** DATA EXTRACTS follows **

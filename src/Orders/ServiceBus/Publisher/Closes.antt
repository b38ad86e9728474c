-- ===== src/Orders/ServiceBus/Publisher/Closes.antt =====
-- `async with ServiceBusEventPublisher(...)` (apps/orders/servicebus.py): what the exit closes.
use swarmscope.Base.{
  ℕ, ◌≡◌, ap, refl, ◌∙◌, inl, inr, Option, none, some, List, [], ◌∷◌, Text, ok, err, Option-cases,
  is_none,
}
use swarmscope.Orders.Messaging.{OutboundEvent}
use swarmscope.Orders.ServiceBus.{Printer, to_service_bus_message}
use swarmscope.Orders.ServiceBus.Publisher.{
  sdk_retry_total, sdk_retry_backoff_max, SdkCall, default_azure_credential, service_bus_client,
  get_topic_sender, send_messages, close_sender, close_client, close_credential, not_open,
  ServiceBusEventPublisher, new_publisher, Session, Method, and_then, open_client, enter, exit,
  publish, publish_each, answered, exit_credential, set_credential,
}

-- the calls of an entry with these objects, after the calls before it
abbrev pub opening : Text → Text → Option ℕ → ℕ → ℕ → List SdkCall → List SdkCall
opening namespace topic given credential client calls =
    get_topic_sender client topic
    ∷ service_bus_client namespace credential sdk_retry_total sdk_retry_backoff_max
    ∷ elim given [ none ↦ default_azure_credential ∷ calls | some _ ↦ calls ]

-- the calls of the block that publishes these events
abbrev pub sending : Printer → ℕ → List OutboundEvent → List SdkCall → List SdkCall
sending printer sender [] calls = calls
sending printer sender (e ∷ es) calls =
    sending printer sender es (send_messages sender (to_service_bus_message printer e) ∷ calls)

-- the calls of the exit, where only an own credential is closed
abbrev pub closing : Option ℕ → ℕ → ℕ → ℕ → List SdkCall → List SdkCall
closing given credential client sender calls = elim given [
  | none ↦ close_credential credential ∷ close_client client ∷ close_sender sender ∷ calls
  | some _ ↦ close_client client ∷ close_sender sender ∷ calls
]

-- The credential in use is the given one, where one is given.
abbrev pub IsUsed : Option ℕ → ℕ → Type 0
IsUsed none credential = Unit
IsUsed (some c) credential = c ≡ credential

-- the object after `__aenter__`
abbrev pub opened : Text → Text → Option ℕ → ℕ → ℕ → ℕ → ServiceBusEventPublisher
opened namespace topic given credential client sender =
    record (new_publisher namespace topic given) {
      credential = some credential;
      client = some client;
      sender = some sender;
    }

module _ (sdk : List SdkCall → SdkCall → Option ℕ) where
  open_client_opens :
      (credential : ℕ) (s : Session)
      → (open_client sdk credential s).0 ≡ ok tt
      → (client : ℕ) × (sender : ℕ) × ((open_client sdk credential s).1 ≡ record {
        publisher = record s.publisher { client = some client; sender = some sender };
        calls =
            get_topic_sender client s.publisher.topic_name
            ∷ service_bus_client s.publisher.fully_qualified_namespace credential sdk_retry_total
                sdk_retry_backoff_max
            ∷ s.calls;
      })
  open_client_opens credential s h =
      let connect : SdkCall =
        service_bus_client s.publisher.fully_qualified_namespace credential sdk_retry_total
          sdk_retry_backoff_max in
      elim (Option-cases (sdk s.calls connect)) [
        | inl fails ↦ absurd (let h' = rw (fails, and_then, answered) at h in cc)
        | inr (client, made) ↦
            elim (Option-cases
              (sdk (connect ∷ s.calls) (get_topic_sender client s.publisher.topic_name))) [
                | inl fails ↦ absurd (let h' = rw (made, fails, and_then, answered) at h in cc)
                | inr (sender, made') ↦ (client, sender, rw (made, made') refl)
              ]
      ]

  module _ (namespace topic : Text) (calls : List SdkCall) where
    -- a new object, before its block
    abbrev pub fresh : Option ℕ → Session
    fresh given = record { publisher = new_publisher namespace topic given; calls = calls }

    enter_opens :
        (given : Option ℕ)
        → (enter sdk (fresh given)).0 ≡ ok tt
        → (credential : ℕ) × (client : ℕ) × (sender : ℕ) × ((enter sdk (fresh given)).1 ≡ record {
          publisher = opened namespace topic given credential client sender;
          calls = opening namespace topic given credential client calls;
        })
          × IsUsed given credential
    unfolding enter
    enter_opens none h = elim (Option-cases (sdk calls default_azure_credential)) [
      | inl fails ↦ absurd (let h' = rw (fails, and_then, answered) at h in cc)
      | inr (credential, made) ↦
          let (client, sender, e) =
            open_client_opens credential
              (set_credential credential (record {
                publisher = new_publisher namespace topic none;
                calls = default_azure_credential ∷ calls;
              }))
              (rw (made, and_then, answered) at h) in
          (credential, client, sender, rw made e, tt)
    ]
    enter_opens (some credential) h =
        let (client, sender, e) =
          open_client_opens credential (set_credential credential (fresh (some credential))) h in
        (credential, client, sender, e, refl)

    publish_each-sending :
        (printer : Printer) (given : Option ℕ) (credential client sender : ℕ)
        (events : List OutboundEvent) (before : List SdkCall)
        → publish_each sdk printer events (record {
          publisher = opened namespace topic given credential client sender;
          calls = before;
        })
          ≡ record {
            publisher = opened namespace topic given credential client sender;
            calls = sending printer sender events before;
          }
    unfolding publish_each publish
    publish_each-sending printer given credential client sender [] before = refl
    publish_each-sending printer given credential client sender (e ∷ es) before =
        elim (Option-cases (sdk before (send_messages sender (to_service_bus_message printer e)))) [
          | inl fails ↦ rw fails (
              publish_each-sending printer given credential client sender es
                (send_messages sender (to_service_bus_message printer e) ∷ before))
          | inr (n, sent) ↦ rw sent (
              publish_each-sending printer given credential client sender es
                (send_messages sender (to_service_bus_message printer e) ∷ before))
        ]

    -- the object with its sender and its client closed
    abbrev half_closed : Option ℕ → ℕ → List SdkCall → Session
    half_closed given credential before = record {
      publisher = record (new_publisher namespace topic given) { credential = some credential };
      calls = before;
    }

    exit_credential_closes :
        (given : Option ℕ) (credential : ℕ) (before : List SdkCall)
        → IsUsed given credential
        → (exit_credential sdk
            (is_none given)
            (some credential)
            (half_closed given credential before)).0
          ≡ ok tt
        → (exit_credential sdk
            (is_none given)
            (some credential)
            (half_closed given credential before)).1
          ≡ record {
            publisher = new_publisher namespace topic given;
            calls = elim given [ none ↦ close_credential credential ∷ before | some _ ↦ before ];
          }
    exit_credential_closes none credential before used h =
        elim (Option-cases (sdk before (close_credential credential))) [
          | inl fails ↦ absurd (let h' = rw (fails, and_then, answered) at h in cc)
          | inr (_, closed) ↦ rw closed refl
        ]
    exit_credential_closes (some c) credential before used h = rw used refl

    exit-closing :
        (given : Option ℕ) (credential client sender : ℕ) (before : List SdkCall)
        → IsUsed given credential
        → (exit sdk (record {
          publisher = opened namespace topic given credential client sender;
          calls = before;
        })).0
          ≡ ok tt
        → (exit sdk (record {
          publisher = opened namespace topic given credential client sender;
          calls = before;
        })).1
          ≡ record {
            publisher = new_publisher namespace topic given;
            calls = closing given credential client sender before;
          }
    unfolding exit
    exit-closing given credential client sender before used h =
        elim (Option-cases (sdk before (close_sender sender))) [
          | inl fails ↦ absurd (let h' = rw (fails, and_then, answered) at h in cc)
          | inr (_, closed) ↦
              elim (Option-cases (sdk (close_sender sender ∷ before) (close_client client))) [
                | inl fails ↦ absurd (let h' = rw (closed, fails, and_then, answered) at h in cc)
                | inr (_, closed') ↦
                    rw (closed, closed')
                      (exit_credential_closes given credential
                        (close_client client ∷ close_sender sender ∷ before) used
                        (rw (closed, closed', and_then, answered) at h))
              ]
        ]

    -- the object after `async with` and a block that publishes these events
    abbrev pub after_block : Printer → Option ℕ → List OutboundEvent → Method (Unit {0})
    after_block printer given events =
        exit sdk (publish_each sdk printer events (enter sdk (fresh given)).1)

    -- When a new object's entry and exit return, then whatever the sends between them did: the
    -- entry's calls, one send for each event in order, and the closing of the sender, of the
    -- client, and of the credential just when the object made it, are all the SDK has seen; the
    -- object is as it was made, and another `publish` raises without a call.
    pub after_block_closes :
        (printer : Printer) (given : Option ℕ) (events : List OutboundEvent)
        → (enter sdk (fresh given)).0 ≡ ok tt
        → (after_block printer given events).0 ≡ ok tt
        → (credential : ℕ) × (client : ℕ) × (sender : ℕ) × ((after_block printer given events).1
            ≡ record {
              publisher = new_publisher namespace topic given;
              calls = closing given credential client sender (
                  sending printer sender events
                    (opening namespace topic given credential client calls));
            })
          × IsUsed given credential
          × ((e : OutboundEvent)
              → publish sdk printer e (after_block printer given events).1
                ≡ (err not_open, (after_block printer given events).1))
    unfolding publish
    after_block_closes printer given events enters exits =
        let (credential, client, sender, at, used) = enter_opens given enters in
        let sent =
          ap (publish_each sdk printer events) at
          ∙ publish_each-sending printer given credential client sender events
              (opening namespace topic given credential client calls) in
        let closed =
          ap (λ s. (exit sdk s).1) sent
          ∙ exit-closing given credential client sender
              (sending printer sender events
                (opening namespace topic given credential client calls))
              used (rw sent at exits) in
        (credential, client, sender, closed, used, λ e. rw closed refl)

** End of DATA EXTRACTS **

▶ _PROBLEM DESCRIPTION_:
Whenever the word "module" shows up in a line above, copy that line.

▶ _SOLUTION TO THE EXERCISE_:
module _ (sdk : List SdkCall → SdkCall → Option ℕ) where
  module _ (namespace topic : Text) (calls : List SdkCall) where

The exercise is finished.